-- ===== src/Examples/Redos.antt =====
-- A batch of row images for the log.
use vertex_db.Base.{ℕ, ◌≡◌, refl, some, List, [], ◌∷◌, ◌++◌, arith, All}
use vertex_db.Base.Int.{negsuc}
use vertex_db.Common.Value.{null, int}
use vertex_db.Persistence.Binary.{Bytes, write_pod}
use vertex_db.Persistence.ValueCodec.{bits_of}
use vertex_db.Persistence.ValueCodec.RoundTrip.{IsStorable}
use vertex_db.Persistence.PhysicalRedo.{
  upsert, erase, PhysicalRedoRecord, ok, error, truncated, trailing_bytes, encode_physical_redos,
  append_records, append_record, append_values, append_value, append_string, decode_physical_redos,
}
use vertex_db.Persistence.PhysicalRedo.RoundTrip.{
  IsWritable, decode_physical_redos-encode_physical_redos,
}
use vertex_db.Persistence.PhysicalRedo.Torn.{decode_physical_redos_torn}

-- A row of table `t` is written, another one is erased.
abbrev batch : List PhysicalRedoRecord
batch =
    (record { kind = upsert; table_name = 116 ∷ []; row_id = 3; row = int (negsuc 0) ∷ null ∷ [] })
    ∷ (record { kind = erase; table_name = 116 ∷ []; row_id = 2; row = [] })
    ∷ []

abbrev batch_start : Bytes
batch_start =
    2 ∷ 0 ∷ 0 ∷ 0 ∷ 0 ∷ 0 ∷ 0 ∷ 0 ∷ 0 ∷ 1 ∷ 0 ∷ 0 ∷ 0 ∷ 0 ∷ 0 ∷ 0 ∷ 0 ∷ 116 ∷ 3 ∷ 0 ∷ 0 ∷ 0 ∷ 0 ∷ 0
    ∷ 0 ∷ 0 ∷ 2 ∷ 0 ∷ 0 ∷ 0 ∷ 0 ∷ 0 ∷ 0 ∷ 0 ∷ 0 ∷ 255 ∷ 255 ∷ 255 ∷ 255 ∷ 255 ∷ 255 ∷ 255 ∷ 255
    ∷ 255 ∷ []

abbrev batch_rest : Bytes
batch_rest = 1 ∷ 0 ∷ 0 ∷ 0 ∷ 0 ∷ 0 ∷ 0 ∷ 0 ∷ 116 ∷ 2 ∷ 0 ∷ 0 ∷ 0 ∷ 0 ∷ 0 ∷ 0 ∷ 0 ∷ []

batch_written : encode_physical_redos batch ≡ some (batch_start ++ 1 ∷ batch_rest)
unfolding encode_physical_redos append_records append_record append_values append_value
    append_string write_pod bits_of
batch_written = refl

batch-IsWritable : All IsWritable batch
unfolding IsStorable
batch-IsWritable = (
  record {
    name_fits = omega arith;
    row_id_fits = omega arith;
    row_fits = omega arith;
    stored = (omega arith, (tt, tt));
    erased = λ h. absurd (ground (arith, h));
  },
  (
    record {
      name_fits = omega arith;
      row_id_fits = omega arith;
      row_fits = omega arith;
      stored = tt;
      erased = λ h. refl;
    },
    tt,
  ),
)

decode_physical_redos-encode_physical_redos_example :
    (decode_physical_redos (batch_start ++ 1 ∷ batch_rest) ≡ ok batch)
    × ((b : ℕ) (more : Bytes)
        → decode_physical_redos ((batch_start ++ 1 ∷ batch_rest) ++ b ∷ more)
          ≡ error trailing_bytes)
decode_physical_redos-encode_physical_redos_example =
    decode_physical_redos-encode_physical_redos batch (batch_start ++ 1 ∷ batch_rest)
      batch-IsWritable (omega arith) batch_written

decode_physical_redos_torn_example : decode_physical_redos batch_start ≡ error truncated
decode_physical_redos_torn_example =
    decode_physical_redos_torn batch batch_start 1 batch_rest batch-IsWritable (omega arith)
      batch_written
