-- ===== src/Storage/VectorRowStore.antt =====
-- storage/vector_row_store.cpp: rows in slots, with a list of free slots. Vectors are lists, front
-- first; the free list is used at its back.
pub mod Runs
pub mod Sparse
pub mod FreeList
pub mod Invariant
pub mod Contents
use vertex_db.Base.{
  ℕ, zero, suc, ◌+◌, ◌-◌, Bool, true, false, Option, none, some, List, [], ◌∷◌, ◌++◌, ◌==◌, ltb,
  if◌then◌else◌, length, get_elem?, set, any, is_some,
}
use vertex_db.Common.Value.{Row}

pub record Store : Type 0 where
  pub rows : List (Option Row)
  pub free_list : List ℕ
  pub live_count : ℕ

abbrev pub empty : Store
empty = record { rows = []; free_list = []; live_count = 0 }

-- The vector without its last element, and that element.
unfoldable pub unsnoc {ℓ} : {A : Type ℓ} → List A → Option (List A × A)
unsnoc [] = none
unsnoc (x ∷ xs) = elim (unsnoc xs) [ none ↦ some ([], x) | some p ↦ some (x ∷ p.0, p.1) ]

-- `std::find` and `erase` of what it found
unfoldable pub erase_first : ℕ → List ℕ → List ℕ
erase_first id [] = []
erase_first id (x ∷ xs) = if x == id then xs else x ∷ erase_first id xs

-- VectorRowStore::get
unfoldable pub get : Store → ℕ → Option Row
get s row_id = elim (get_elem? s.rows row_id) [ none ↦ none | some slot ↦ slot ]

-- VectorRowStore::append
unfoldable pub append : Store → Row → ℕ × Store
unfolding unsnoc
append s row = elim (unsnoc s.free_list) [
  | some p ↦ (
    p.1,
    record { rows = set s.rows p.1 (some row); free_list = p.0; live_count = suc s.live_count },
  )
  | none ↦ (
    length s.rows,
    record { rows = s.rows ++ some row ∷ []; free_list = []; live_count = suc s.live_count },
  )
]

-- VectorRowStore::erase
unfoldable pub erase : Store → ℕ → Bool × Store
unfolding get
erase s row_id = elim (get s row_id) [
  | none ↦ (false, s)
  | some old ↦ (
    true,
    record {
      rows = set s.rows row_id none;
      free_list = s.free_list ++ row_id ∷ [];
      live_count = s.live_count - 1;
    },
  )
]

-- VectorRowStore::update
unfoldable pub update : Store → ℕ → Row → Bool × Store
unfolding get
update s row_id row = elim (get s row_id) [
  | none ↦ (false, s)
  | some old ↦ (true, record s { rows = set s.rows row_id (some row) })
]

-- VectorRowStore::revive
unfoldable pub revive : Store → ℕ → Row → Bool × Store
unfolding erase_first
revive s row_id row = elim (get_elem? s.rows row_id) [
  | none ↦ (false, s)
  | some slot ↦ elim slot [
    | some old ↦ (false, s)
    | none ↦
        if any (λ id. id == row_id) s.free_list
        then (
          true,
          record {
            rows = set s.rows row_id (some row);
            free_list = erase_first row_id s.free_list;
            live_count = suc s.live_count;
          },
        )
        else (false, s)
  ]
]

-- VectorRowStore::upsertAt
unfoldable pub upsert_at : Store → ℕ → Row → Bool × Store
unfolding get update revive
upsert_at s row_id row =
    if ltb row_id (length s.rows)
    then (if is_some (get s row_id) then update s row_id row else revive s row_id row)
    else if row_id == length s.rows
    then (true, record s { rows = s.rows ++ some row ∷ []; live_count = suc s.live_count })
    else (false, s)

-- VectorRowStore::snapshot
unfoldable pub live_rows : List (Option Row) → List Row
live_rows [] = []
live_rows (none ∷ slots) = live_rows slots
live_rows (some row ∷ slots) = row ∷ live_rows slots

unfoldable pub snapshot : Store → List Row
unfolding live_rows
snapshot s = live_rows s.rows

-- VectorRowStore::liveEntries
unfoldable pub entries_from : ℕ → List (Option Row) → List (ℕ × Row)
entries_from row_id [] = []
entries_from row_id (none ∷ slots) = entries_from (suc row_id) slots
entries_from row_id (some row ∷ slots) = (row_id, row) ∷ entries_from (suc row_id) slots

unfoldable pub live_entries : Store → List (ℕ × Row)
unfolding entries_from
live_entries s = entries_from 0 s.rows

-- VectorRowStore::rowsById
unfoldable pub rows_by_id : Store → List ℕ → List Row
unfolding get
rows_by_id s [] = []
rows_by_id s (row_id ∷ ids) =
    let rest = rows_by_id s ids in elim (get s row_id) [ none ↦ rest | some row ↦ row ∷ rest ]

-- VectorRowStore::replaceRows
unfoldable pub append_all : Store → List Row → Store
unfolding append
append_all s [] = s
append_all s (row ∷ rows) = append_all (append s row).1 rows

unfoldable pub replace_rows : Store → List Row → Store
unfolding append_all
replace_rows s rows = append_all empty rows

========================================

EXERCISE:
Quote the data above verbatim from its first line to the line that includes "(decode_physical_redos (batch_start ++", with both boundary lines retained.

REPLY:
-- ===== src/Examples/Redos.antt =====
-- A batch of row images for the log.
use vertex_db.Base.{ℕ, ◌≡◌, refl, some, List, [], ◌∷◌, ◌++◌, arith, All}
use vertex_db.Base.Int.{negsuc}
use vertex_db.Common.Value.{null, int}
use vertex_db.Persistence.Binary.{Bytes, write_pod}
use vertex_db.Persistence.ValueCodec.{bits_of}
use vertex_db.Persistence.ValueCodec.RoundTrip.{IsStorable}
use vertex_db.Persistence.PhysicalRedo.{
  upsert, erase, PhysicalRedoRecord, ok, error, truncated, trailing_bytes, encode_physical_redos,
  append_records, append_record, append_values, append_value, append_string, decode_physical_redos,
}
use vertex_db.Persistence.PhysicalRedo.RoundTrip.{
  IsWritable, decode_physical_redos-encode_physical_redos,
}
use vertex_db.Persistence.PhysicalRedo.Torn.{decode_physical_redos_torn}

-- A row of table `t` is written, another one is erased.
abbrev batch : List PhysicalRedoRecord
batch =
    (record { kind = upsert; table_name = 116 ∷ []; row_id = 3; row = int (negsuc 0) ∷ null ∷ [] })
    ∷ (record { kind = erase; table_name = 116 ∷ []; row_id = 2; row = [] })
    ∷ []

abbrev batch_start : Bytes
batch_start =
    2 ∷ 0 ∷ 0 ∷ 0 ∷ 0 ∷ 0 ∷ 0 ∷ 0 ∷ 0 ∷ 1 ∷ 0 ∷ 0 ∷ 0 ∷ 0 ∷ 0 ∷ 0 ∷ 0 ∷ 116 ∷ 3 ∷ 0 ∷ 0 ∷ 0 ∷ 0 ∷ 0
    ∷ 0 ∷ 0 ∷ 2 ∷ 0 ∷ 0 ∷ 0 ∷ 0 ∷ 0 ∷ 0 ∷ 0 ∷ 0 ∷ 255 ∷ 255 ∷ 255 ∷ 255 ∷ 255 ∷ 255 ∷ 255 ∷ 255
    ∷ 255 ∷ []

abbrev batch_rest : Bytes
batch_rest = 1 ∷ 0 ∷ 0 ∷ 0 ∷ 0 ∷ 0 ∷ 0 ∷ 0 ∷ 116 ∷ 2 ∷ 0 ∷ 0 ∷ 0 ∷ 0 ∷ 0 ∷ 0 ∷ 0 ∷ []

batch_written : encode_physical_redos batch ≡ some (batch_start ++ 1 ∷ batch_rest)
unfolding encode_physical_redos append_records append_record append_values append_value
    append_string write_pod bits_of
batch_written = refl

batch-IsWritable : All IsWritable batch
unfolding IsStorable
batch-IsWritable = (
  record {
    name_fits = omega arith;
    row_id_fits = omega arith;
    row_fits = omega arith;
    stored = (omega arith, (tt, tt));
    erased = λ h. absurd (ground (arith, h));
  },
  (
    record {
      name_fits = omega arith;
      row_id_fits = omega arith;
      row_fits = omega arith;
      stored = tt;
      erased = λ h. refl;
    },
    tt,
  ),
)

decode_physical_redos-encode_physical_redos_example :
    (decode_physical_redos (batch_start ++ 1 ∷ batch_rest) ≡ ok batch)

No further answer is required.